She is quite the little chewer and just LOVES to chew on ANY and EVERYthing she comes across. A couple of times she has jumped up at Aiden's dialysis catheter when it is visible and my husband is scared to death that she is going to try to use it as a chew toy....

So what have all of you done as far as chewing goes?

Also, potty training....I realize she's young but what do y'all think is the fastest and most effective method? 

Thanks so much for your input! I feel that Sadie will be Aiden's best friend and just want this to work out and for my hubby to feel at ease! :wave:


----------



## Bock (Jun 23, 2008)

Best way to potty train is to crate train. Crate training is the puppy is always in a crate unless you are able to keep an eye on her. As soon as she comes out of the crate she goes outside to potty. If she doesn't potty after 10-15 minutes (some may say shorter or longer times) she goes right back into the crate. When and if she pottys outside make a big deal about it and then, and only then, can she be let inside to roam around.

As far as chewing, provide plenty of good chew toys first of all. If she chews on anything that you don't want her to, replace that chewed item with a toy that is appropriate for chewing. This will allow her to realize what to and what not to chew on when she is older. Also make sure she is getting plenty of exercise as she will be bored and look for things to chew on if she has TONS of energy, although at 7 weeks that probably isn't a concern yet-it will be when she gets older.

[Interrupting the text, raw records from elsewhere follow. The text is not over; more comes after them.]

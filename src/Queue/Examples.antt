-- ===== src/Queue/Examples.antt =====
-- The queue of src/queue.c with one message in it.
use vecu_uds.Base.Machine.{replay}
use vecu_uds.Base.{refl, false, [], ◌≡◌, ◌∷◌, List}
use vecu_uds.Queue.Fifo.{contents}
use vecu_uds.Queue.{
  pop_refused, popped, pushed, pop_waits, shutdown, queue_init, push, pop_blocking,
}
use vecu_uds.Queue.Calls.{shut_down, taken, queue_calls-list, given, list_call, call}
use vecu_uds.Queue.Order.{shutdown_call, push_call, pop_call, Call}

abbrev calls : List Call
calls = pop_call ∷ push_call (0x11 ∷ 0x01 ∷ []) ∷ shutdown_call ∷ pop_call ∷ pop_call ∷ []

queue_calls-list_example :
    let (answers, q) = replay call calls queue_init in
    let (list_answers, rest) = replay list_call calls (false, []) in
    (answers ≡ list_answers) × (q.closed ≡ rest.0) × (contents q ≡ rest.1)
queue_calls-list_example = queue_calls-list calls

queue_answers :
    (replay call calls queue_init).0
    ≡ given pop_waits
      ∷ taken pushed
      ∷ shut_down
      ∷ given (popped (0x11 ∷ 0x01 ∷ []))
      ∷ given pop_refused
      ∷ []
unfolding replay call queue_init push pop_blocking shutdown
queue_answers = refl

First thing I would do in your situation is put up a baby gate around your sons bed so Sadie CANNOT get to it in the first place. There is also product called bitter apple that a lot of dogs hate the taste of and you can spray that on things. There are also special cord covers made for dogs and you can find them on-line, or maybe in a local pet store.


----------



## LibertyME (Jan 6, 2007)

It is not realistic to expect a 7 week old not to chew - or to understand what is ok to chew and what is not ok.
If it fits in their mouth (or if they think it will fit in their mouths) they can and probably will chew it.

IMO absolutely no unsupervised contact between pup and child. Keep the pup on leash around your baby. Your situation is much more serious then a chewed up sock or damage remote control, or chewed up rug.

Dogs must be allowed to chew...so provide objects that are appropriate.
IMO - Teething is at its worse between 3 and 6 months when they are loosing teeth. Those razor sharp puppy teeth can slice and dice!
Then when the adult teeth are in teething comes back around 9 months. Those adult teeth now have some powerful jaws behind them and can really do some damage to furniture, shoes, remote controls, cell phones.
My experience has been that teething doesn't truly drop off until they are about a year old. And even then...some will go on a naughty chewing binge every now and again.

Some have great success with "Bitter Apple Spray" - it never made much of an impression with mine...
IMO - The best solution is supervision and substitution with appropriate objects.


----------



## chriscrossed (Mar 13, 2009)

Thanks for the advice! and ITA--Aiden and Sadie are not allowed together without CLOSE supervision!


----------